# How tall is a typical 5th wheel trailer ?



## EndTuition (May 24, 2004)

How tall is a typical 5th wheel trailer ?
I may be building a pole barn and need to know how tall the lean too has to be in order to cover a 5th wheel in the future.
Thanks !


----------



## yakPIRATE (Jun 23, 2012)

http://2coolfishing.com/ttmbforum/showthread.php?t=726081


----------



## Hookem-Guy81 (Apr 3, 2013)

I'd do 14'. Mine is close to 13 feet and I put 16" wheels and tires on which raised it slightly so I put in 14 foot rollup doors on my building.

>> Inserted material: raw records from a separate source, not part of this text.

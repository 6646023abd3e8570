-- ===== src/Tls.antt =====
-- internal/tlsutil/tlsutil.go: the two TLS configurations. Certificates are byte sequences; reading
-- a key pair (crypto/tls), a file (os) and the PEM decoder (encoding/pem) are parameters.
pub mod Pinned
pub mod Generate
use g_tun.Prelude.{
  ℕ, ◌≡◌, ◌↔◌, refl, Bytes, codes, bytes_eq, bytes_eq_iff, Bool, true, false, not, Option, none,
  some, List, [], ◌∷◌, arith, if◌then◌else◌, Option-cases, inl, inr, ◌⊎◌,
}
use g_tun.Result.{Result, ok, err, load_key_pair, read_pinned, certificate_mismatch}

-- The PEM block: its type and its bytes.
pub record Block : Type 0 where
  pub kind : Bytes
  pub bytes : Bytes

pub record TlsFiles : Type 0 where
  pub load_x509_key_pair : Bytes → Bytes → Option Bytes
  pub read_file : Bytes → Option Bytes
  pub decode_pem : Bytes → Option Block

-- What the configurations fix; both are TLS 1.3 at least.
pub record ServerTls : Type 0 where
  pub certificate : Bytes
  pub next_protos : List Bytes

pub record ClientTls : Type 0 where
  pub pinned : Bytes
  pub next_protos : List Bytes

key_pair : Option Bytes → List Bytes → Result ServerTls
key_pair none next_protos = err load_key_pair
key_pair (some cert) next_protos = ok (record { certificate = cert; next_protos = next_protos })

unfoldable pub server_config : TlsFiles → Bytes → Bytes → List Bytes → Result ServerTls
unfolding key_pair
server_config files cert_path key_path next_protos =
    key_pair (files.load_x509_key_pair cert_path key_path) next_protos

pinned_block : Option Block → List Bytes → Result ClientTls
pinned_block none next_protos = err read_pinned
pinned_block (some b) next_protos =
    if not (bytes_eq b.kind (codes "CERTIFICATE"))
    then err read_pinned
    else ok (record { pinned = b.bytes; next_protos = next_protos })

pinned_file : TlsFiles → Option Bytes → List Bytes → Result ClientTls
unfolding pinned_block
pinned_file files none next_protos = err read_pinned
pinned_file files (some text) next_protos = pinned_block (files.decode_pem text) next_protos

unfoldable pub pinned_client_config : TlsFiles → Bytes → List Bytes → Result ClientTls
unfolding pinned_file
pinned_client_config files cert_path next_protos =
    pinned_file files (files.read_file cert_path) next_protos

-- `VerifyConnection` at the certificates that the peer presented.
unfoldable pub verify_connection : ClientTls → List Bytes → Result (Unit {0})
verify_connection c [] = err certificate_mismatch
verify_connection c (leaf ∷ chain) =
    if bytes_eq leaf c.pinned then ok tt else err certificate_mismatch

Better to have extra room.


----------



## Hunter11 (Jun 26, 2008)

Our unit is 13'4" to the top of the front AC unit hooked up to my truck.


----------



## Scout177 (Oct 23, 2006)

13'3" to top of front ac hooked to truck.


----------



## troutslayer (Feb 7, 2006)

Our Montana is 12'6"


----------



## 98aggie77566 (Jul 7, 2009)

You need a 14' door.....which likely means a 16' eave height.


----------



## specktout (Aug 21, 2006)

14' is right, I built a 40-50' metal building and installed 12' doors thinking that would be plenty high enough for most 5th wheels, then I started shopping for a trailer and found out 12' high or smaller 5th wheels are kinda far a few between. I had to buy a Wildcat 30' without a bedroom slide out so it would clear a 12' ft door, mine is 11'10" at the top of A/C


----------



## Hookem-Guy81 (Apr 3, 2013)

Since this is a Lean-Too off the side or the back of the pole barn, still need the 16' eaves so you can frame out the 14 ' opening to get your average 5th wheel in. I learned a lot in the design of mine although it is not a pole barn. My next door neighbor built a pole barn and on his lean too on the side he barely gets his gooseneck horse trailer in.


----------



## sargentmajor (Sep 13, 2012)

12 ft 2 inches to the top of my ac on a a 32 ft Holiday Rambler.


----------



## mharris1 (May 29, 2010)

Mine is about two inches taller than the door on the shop at work. Dont ask me how I know.


----------



## texas bohunk (Dec 10, 2010)

My Forest River V-Cross is 12'9" according to the brochures.


----------